Using x86 no PAE as an example:
On x86 with no PAE, a linear address can be split into 3 parts: the top 10 bits point to an entry in the page directory, the middle 10 bits point to an entry in the page table pointed to by the aforementioned page directory entry. The page table entry may contain a valid physical frame number: the top 22 bits of a physical address. The bottom 12 bits of the virtual address is an offset into the page that goes untranslated into the physical address.
Each time the kernel schedules a different process, the CR3 register is written to with a pointer to the page directory for the current process. Then, each time a memory access is made, the MMU tries to look for a translation cached in the TLB, if it doesn't find one, it looks for one doing a page table walk starting from CR3. If it still doesn't find one, a GPF fault is raised, the CPU switches to Ring 0 (kernel mode), and the kernel tries to find one in the VMAs.
Also, I believe this reading from CR, page directory->page-table->Page frame number-memory address this all done by MMU. Am I correct?
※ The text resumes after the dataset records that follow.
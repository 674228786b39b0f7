-- ===== src/Config/Load.antt =====
-- src/config.rs: `ServerConfig`. A field that the file does not set keeps its default.
use ironbind.Prelude.{
  ℕ, zero, suc, ◌+◌, ◌/◌, ◌%◌, Bool, true, false, not, ◌&&◌, Option, none, some, List, [], ◌∷◌,
  ◌++◌, Result, ok, err, any, ltb, ◌==◌, if◌then◌else◌,
}
use ironbind.Prelude.Text.{codes}
use ironbind.Prelude.Chars.{Chars}
use ironbind.Proto.Reader.{IoError}
use ironbind.Config.Int64.{ℤ, pos, cast, max_pos}
use ironbind.Config.Network.{Network, parse_network}
use ironbind.Config.Toml.{
  Toml, value, nothing, panic, parse_str, get_value, get_str, get_int, get_bool, get_array,
}

pub data TsigSecretSource : Type 0 where
  inline keychain file : Chars → TsigSecretSource

pub record TsigKeyConfig : Type 0 where
  pub name : Chars
  pub algorithm : Chars
  pub secret_source : TsigSecretSource

pub record TlsListenerConfig : Type 0 where
  pub bind : Chars
  pub cert_path : Chars
  pub key_path : Chars

pub record RateLimitConfig : Type 0 where
  pub queries_per_second : ℕ
  pub per_ip : Bool
  pub global_queries_per_second : ℕ
  pub max_tracked_sources : ℕ

pub record ServerConfig : Type 0 where
  pub bind : Chars
  pub port : ℕ
  pub use_forwarders : Bool
  pub dnssec_validate : Bool
  pub dnssec_strict : Bool
  pub allow_recursion : List Network
  pub cache_max : ℕ
  pub neg_cache_ttl : ℕ
  pub zone_files : List Chars
  pub log_level : Chars
  pub log_queries : Bool
  pub tcp_timeout_ms : ℕ
  pub rate_limit : Option RateLimitConfig
  pub metrics_port : ℕ
  pub worker_threads : ℕ
  pub udp_receivers : ℕ
  pub dot : Option TlsListenerConfig
  pub doh : Option TlsListenerConfig
  pub tsig_keys : List TsigKeyConfig
  pub tsig_require_all : Bool

abbrev pub default_allow_recursion : List Chars
default_allow_recursion =
    codes "127.0.0.0/8"
    ∷ codes "10.0.0.0/8"
    ∷ codes "172.16.0.0/12"
    ∷ codes "192.168.0.0/16"
    ∷ codes "169.254.0.0/16"
    ∷ codes "100.64.0.0/10"
    ∷ codes "::1/128"
    ∷ codes "fc00::/7"
    ∷ codes "fe80::/10"
    ∷ []

-- `filter_map(Network::parse)`
unfoldable pub parse_all : List Chars → List Network
parse_all [] = []
parse_all (s ∷ ss) =
    let rest = parse_all ss in elim (parse_network s) [ none ↦ rest | some n ↦ n ∷ rest ]

unfoldable pub default_config : ServerConfig
unfolding parse_all
default_config = record {
  bind = codes "0.0.0.0";
  port = 53;
  use_forwarders = true;
  dnssec_validate = true;
  dnssec_strict = false;
  allow_recursion = parse_all default_allow_recursion;
  cache_max = 100000;
  neg_cache_ttl = 300;
  zone_files = [];
  log_level = codes "info";
  log_queries = false;
  tcp_timeout_ms = 5000;
  rate_limit = none;
  metrics_port = 0;
  worker_threads = 64;
  udp_receivers = 2;
  dot = none;
  doh = none;
  tsig_keys = [];
  tsig_require_all = false;
}

-- Reading fails, an entry of `allow_recursion` is no network, or the text makes the reader panic.
pub data LoadError : Type 0 where
  unreadable : IoError → LoadError
  invalid_network : Chars → LoadError
  panics : LoadError

-- The loop over the entries of `allow_recursion`, up to the first that is no network.
unfoldable pub parse_networks : List Chars → Result (List Network) LoadError
parse_networks [] = ok []
parse_networks (s ∷ ss) =
    let rest = parse_networks ss in
    elim (parse_network s) [
      | none ↦ err (invalid_network s)
      | some n ↦ elim rest [ ok ns ↦ ok (n ∷ ns) | err e ↦ err e ]
    ]

abbrev pub server_section : Option Chars
server_section = some (codes "server")

unfoldable pub allowed_networks : Toml → List Network → Result (List Network) LoadError
unfolding parse_networks get_array
allowed_networks t default = elim (get_value t server_section (codes "allow_recursion")) [
  | none ↦ ok default
  | some v ↦ parse_networks (get_array t server_section (codes "allow_recursion"))
]

abbrev or_keep {ℓ} : {A : Type ℓ} → A → Option A → A
or_keep a none = a
or_keep a (some b) = b

abbrev cast_or : ℕ → ℕ → Option ℤ → ℕ
cast_or w n none = n
cast_or w n (some v) = cast w v

abbrev listener : Option Chars → Option Chars → Option Chars → Option TlsListenerConfig
listener none cert key = none
listener (some b) none key = none
listener (some b) (some cert) none = none
listener (some b) (some cert) (some key) =
    some (record { bind = b; cert_path = cert; key_path = key })

-- The listener of a section that has all three of its strings.
unfoldable tls_listener : Toml → Chars → Option TlsListenerConfig
unfolding get_str
tls_listener t section =
    listener (get_str t (some section) (codes "bind")) (get_str t (some section) (codes "cert"))
      (get_str t (some section) (codes "key"))

abbrev tsig_section : Option Chars
tsig_section = some (codes "tsig")

abbrev as_source :
    (Chars → TsigSecretSource) → Option Chars → Option TsigSecretSource → Option TsigSecretSource
as_source f none other = other
as_source f (some s) other = some (f s)

-- The keychain before the file before the secret itself.
unfoldable pub secret_source : Toml → Option TsigSecretSource
unfolding get_str
secret_source t = as_source keychain (get_str t tsig_section (codes "secret_keychain")) (
    as_source file (get_str t tsig_section (codes "secret_file"))
      (as_source inline (get_str t tsig_section (codes "secret")) none))

abbrev key_configs : Option Chars → Option Chars → Option TsigSecretSource → List TsigKeyConfig
key_configs none a source = []
key_configs (some n) none source = []
key_configs (some n) (some a) none = []
key_configs (some n) (some a) (some source) =
    record { name = n; algorithm = a; secret_source = source } ∷ []

unfoldable tsig_keys_of : Toml → List TsigKeyConfig
unfolding secret_source
tsig_keys_of t =
    key_configs (get_str t tsig_section (codes "name")) (get_str t tsig_section (codes "algorithm"))
      (secret_source t)

abbrev ratelimit_section : Option Chars
ratelimit_section = some (codes "ratelimit")

abbrev limit_or_zero : Option ℤ → ℕ
limit_or_zero none = 0
limit_or_zero (some v) = cast 32 (max_pos 0 v)

abbrev limits : Toml → Option ℤ → Option ℤ → RateLimitConfig
limits t per_source global = record {
  queries_per_second = limit_or_zero per_source;
  per_ip = or_keep true (get_bool t ratelimit_section (codes "per_ip"));
  global_queries_per_second = limit_or_zero global;
  max_tracked_sources = cast 64 (
      max_pos 1 (or_keep (pos 100000) (get_int t ratelimit_section (codes "max_tracked_sources"))));
}

abbrev limits_if_any : Toml → Option ℤ → Option ℤ → Option RateLimitConfig
limits_if_any t none none = none
limits_if_any t none (some g) = some (limits t none (some g))
limits_if_any t (some v) global = some (limits t (some v) global)

unfoldable rate_limit_of : Toml → Option RateLimitConfig
unfolding get_int get_bool
rate_limit_of t =
    limits_if_any t (get_int t ratelimit_section (codes "queries_per_second"))
      (get_int t ratelimit_section (codes "global_queries_per_second"))

-- What the file's tables say, with the networks that recursion is allowed to.
unfoldable pub configure : Toml → List Network → ServerConfig
unfolding get_str get_int get_bool get_array tls_listener tsig_keys_of rate_limit_of default_config
configure t networks =
    let d = default_config in
    let server_str = get_str t server_section in
    let server_int = get_int t server_section in
    let server_bool = get_bool t server_section in
    record {
      bind = or_keep d.bind (server_str (codes "bind"));
      port = cast_or 16 d.port (server_int (codes "port"));
      use_forwarders = or_keep d.use_forwarders (server_bool (codes "use_forwarders"));
      dnssec_validate = or_keep d.dnssec_validate (server_bool (codes "dnssec_validate"));
      dnssec_strict = or_keep d.dnssec_strict (server_bool (codes "dnssec_strict"));
      allow_recursion = networks;
      cache_max = cast_or 64 d.cache_max (get_int t (some (codes "cache")) (codes "max_entries"));
      neg_cache_ttl =
          cast_or 32 d.neg_cache_ttl (get_int t (some (codes "cache")) (codes "neg_ttl"));
      zone_files = get_array t (some (codes "zones")) (codes "files");
      log_level = or_keep d.log_level (server_str (codes "log_level"));
      log_queries = or_keep d.log_queries (server_bool (codes "log_queries"));
      tcp_timeout_ms = cast_or 64 d.tcp_timeout_ms (server_int (codes "tcp_timeout_ms"));
      rate_limit = rate_limit_of t;
      metrics_port = cast_or 16 d.metrics_port (get_int t (some (codes "metrics")) (codes "port"));
      worker_threads = cast_or 64 d.worker_threads (server_int (codes "worker_threads"));
      udp_receivers = cast_or 64 d.udp_receivers (server_int (codes "udp_receivers"));
      dot = tls_listener t (codes "dot");
      doh = tls_listener t (codes "doh");
      tsig_keys = tsig_keys_of t;
      tsig_require_all =
          or_keep d.tsig_require_all (get_bool t tsig_section (codes "require_all_queries"));
    }

unfoldable pub load_toml : Toml → Result ServerConfig LoadError
unfolding allowed_networks configure
load_toml t = elim (allowed_networks t (parse_all default_allow_recursion)) [
  | err e ↦ err e
  | ok networks ↦ ok (configure t networks)
]

-- `ServerConfig::load`, from what the file holds.
unfoldable pub load : Result Chars IoError → Result ServerConfig LoadError
unfolding load_toml parse_str
load (err e) = err (unreadable e)
load (ok content) = elim (parse_str content) [
  | value t ↦ load_toml t
  | nothing ↦ err panics
  | panic ↦ err panics
]

abbrev decimal_digits : ℕ → ℕ → Chars
decimal_digits zero n = []
decimal_digits (suc more) n =
    let front = decimal_digits more (n / 10) in
    if ltb n 10 then (48 + n) ∷ [] else front ++ ((48 + n % 10) ∷ [])

abbrev starts_bracket : Chars → Bool
starts_bracket [] = false
starts_bracket (c ∷ cs) = c == 91

-- The port has at most five digits.
unfoldable bind_addr : ServerConfig → Chars
bind_addr c =
    let port = decimal_digits 5 c.port in
    if any (λ x. x == 58) c.bind && not (starts_bracket c.bind)
    then 91 ∷ c.bind ++ (93 ∷ 58 ∷ port)
    else c.bind ++ (58 ∷ port)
On x86, yes, the MMU does the page table walk. On other systems (e.g: MIPS), the MMU is little more than the TLB, and on TLB miss exceptions the kernel does the page table walk by software.
Though this is not going to be the best answer, iw ould like to share my thoughts on confused points.
1. Does Page table is maintained...
Yes. kernel maintains the page tables. In fact it maintains nested page tables. And top of the page tables is stored in top_pmd. pmd i suppose it is page mapping directory. You can traverse through all the page tables using this structure.
2. How MMU cannot find the address in physical RAM.....
I am not sure i understood the question. But in case because of some problem, the instruction is faulted or out of its instruction area is being accessed, you generally get undefined instruction exception resulting in undefined exception abort. If you look at the crash dumps, you can see it in the kernel log.
3. Is the Mapping table - virtual to physical is inside a MMU...
Yes. MMU is SW+HW. HW is like TLB and all. The mapping tables are stored here. For instructions, that is for code section i always converted the physical-virtual address and always they matched. And almost all the times it matches for Data sections as well.
4. cat /proc/pid_value/maps. This shows me the current mapping of the vmarea....
This is more used for analyzing the virtual addresses of user space stacks. As you know virtually all the user space programs can have 4 GB of virtual address. So unlike kernel if i say 0xc0100234. You cannot directly go and point to the istruction. So you need this mapping and the virtual address to point the instruction based on the data you have.
5. The high-mem concept is that kernel cannot directly access the Memory...
High-mem corresponds to user space memory(some one correct me if i am wrong). When kernel wants to read some data from a address at user space you will be accessing the HIGHMEM.
6. Does the processor specifically comes with the MMU support. Those who doesn't have MMU support cannot run LInux?
MMU as i mentioned is HW + SW. So mostly it would be coming with the chipset. and the SW would be generally architecture dependent. You can disable MMU from kernel config and build. I have never tried it though. Mostly these days allthe chipsets have it. But small boards i think they disable MMU. I am not entirely sure though.
As all these are conceptual questions, i may be lacking some knowledge and be wrong at places. If so others please correct me.